**EXERCISE INSTRUCTIONS**
Set down exactly the entries below, beginning at their first line and ending at the line with "offset moves over.".

* * * * * * *

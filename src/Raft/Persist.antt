-- ===== src/Raft/Persist.antt =====
-- `PersistentState` of src/raft/state.rs, its encoding and its decoder.
use nutdb.Prelude.{
  ℕ, zero, suc, ◌^◌, Option, none, some, List, [], ◌∷◌, ◌++◌, ltb, ◌==◌, if◌then◌else◌, length,
}
use nutdb.Prelude.Io.{Result, ok, invalid, ◌>>=◌}
use nutdb.Bytes.{Bytes, to_le_bytes, from_le_bytes, Cursor, slice, move}
use nutdb.Raft.Rpc.{Entry}

pub record PersistentState : Type 0 where
  pub current_term : ℕ
  pub voted_for : Option ℕ
  pub log : List Entry

abbrev pub default_state : PersistentState
default_state = record { current_term = 0; voted_for = none; log = [] }

unfoldable pub encode_vote : Option ℕ → Bytes
encode_vote (some node) = 1 ∷ to_le_bytes 8 node
encode_vote none = 0 ∷ to_le_bytes 8 0

unfoldable pub encode_log : List Entry → Result Bytes
encode_log [] = ok []
encode_log (entry ∷ log) =
    let rest = encode_log log in
    if ltb (length entry.command) (2 ^ 32)
    then (do
      bytes ← rest
      ok (
          to_le_bytes 8 entry.term
          ++ (to_le_bytes 4 (length entry.command) ++ (entry.command ++ bytes))))
    else invalid "raft: command too large"

unfoldable pub encode : PersistentState → Result Bytes
encode state =
    if ltb (length state.log) (2 ^ 32)
    then (do
      bytes ← encode_log state.log
      ok (
          0x52
          ∷ 1
          ∷ (to_le_bytes 8 state.current_term
              ++ (encode_vote state.voted_for ++ (to_le_bytes 4 (length state.log) ++ bytes)))))
    else invalid "raft: log too large to encode"

-- `Cursor::take`: the bytes that the offset moves over.
unfoldable pub take_bytes : ℕ → Cursor → Result (Bytes × Cursor)
take_bytes len c = elim (slice len c) [
  | none ↦ invalid "raft: state length exceeds record"
  | some bytes ↦ ok (bytes, move len c)
]

-- `u8`, `u32` and `u64` of the cursor, by their width in bytes.
unfoldable pub take_uint : ℕ → Cursor → Result (ℕ × Cursor)
take_uint width c = do (bytes, c) ← take_bytes width c; ok (from_le_bytes bytes, c)

unfoldable pub decode_vote : ℕ → ℕ → Result (Option ℕ)
decode_vote has_vote vote =
    if has_vote == 0
    then ok none
    else if has_vote == 1
    then ok (some vote)
    else invalid "raft: invalid vote flag"

unfoldable pub decode_entry : Cursor → Result (Entry × Cursor)
decode_entry c = do
  (term, c) ← take_uint 8 c
  (len, c) ← take_uint 4 c
  (command, c) ← take_bytes len c
  ok (record { term = term; command = command }, c)

-- `for _ in 0..count`
unfoldable pub decode_log : ℕ → Cursor → Result (List Entry × Cursor)
decode_log zero c = ok ([], c)
decode_log (suc count) c = do
  (entry, c) ← decode_entry c
  (log, c) ← decode_log count c
  ok (entry ∷ log, c)

unfoldable pub decode_version : Cursor → Result (Unit {0} × Cursor)
decode_version c = do
  (version, c) ← take_uint 1 c
  if version == 1 then ok (tt, c) else invalid "raft: bad persistent state header"

-- The header: the second byte is read only if the first is the tag.
unfoldable pub decode_header : Cursor → Result (Unit {0} × Cursor)
decode_header c = do
  (tag, c) ← take_uint 1 c
  if tag == 0x52 then decode_version c else invalid "raft: bad persistent state header"

unfoldable pub decode_fields : Cursor → Result (PersistentState × Cursor)
decode_fields c = do
  (_, c) ← decode_header c
  (current_term, c) ← take_uint 8 c
  (has_vote, c) ← take_uint 1 c
  (vote, c) ← take_uint 8 c
  voted_for ← decode_vote has_vote vote
  (count, c) ← take_uint 4 c
  (log, c) ← decode_log count c
  ok (record { current_term = current_term; voted_for = voted_for; log = log }, c)

unfoldable pub decode : Bytes → Result PersistentState
decode bytes = do
  (state, c) ← decode_fields (record { bytes = bytes; offset = 0 })
  if c.offset == length bytes then ok state else invalid "raft: trailing persistent state bytes"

* * * * * * *

**EXERCISE OUTPUT**
filename src/Raft/Persist.antt
-- ===== src/Raft/Persist.antt =====
-- `PersistentState` of src/raft/state.rs, its encoding and its decoder.
use nutdb.Prelude.{
  ℕ, zero, suc, ◌^◌, Option, none, some, List, [], ◌∷◌, ◌++◌, ltb, ◌==◌, if◌then◌else◌, length,
}
use nutdb.Prelude.Io.{Result, ok, invalid, ◌>>=◌}
use nutdb.Bytes.{Bytes, to_le_bytes, from_le_bytes, Cursor, slice, move}
use nutdb.Raft.Rpc.{Entry}

pub record PersistentState : Type 0 where
  pub current_term : ℕ
  pub voted_for : Option ℕ
  pub log : List Entry

abbrev pub default_state : PersistentState
default_state = record { current_term = 0; voted_for = none; log = [] }

unfoldable pub encode_vote : Option ℕ → Bytes
encode_vote (some node) = 1 ∷ to_le_bytes 8 node
encode_vote none = 0 ∷ to_le_bytes 8 0

unfoldable pub encode_log : List Entry → Result Bytes
encode_log [] = ok []
encode_log (entry ∷ log) =
    let rest = encode_log log in
    if ltb (length entry.command) (2 ^ 32)
    then (do
      bytes ← rest
      ok (
          to_le_bytes 8 entry.term
          ++ (to_le_bytes 4 (length entry.command) ++ (entry.command ++ bytes))))
    else invalid "raft: command too large"

unfoldable pub encode : PersistentState → Result Bytes
encode state =
    if ltb (length state.log) (2 ^ 32)
    then (do
      bytes ← encode_log state.log
      ok (
          0x52
          ∷ 1
          ∷ (to_le_bytes 8 state.current_term
              ++ (encode_vote state.voted_for ++ (to_le_bytes 4 (length state.log) ++ bytes)))))
    else invalid "raft: log too large to encode"

-- `Cursor::take`: the bytes that the offset moves over.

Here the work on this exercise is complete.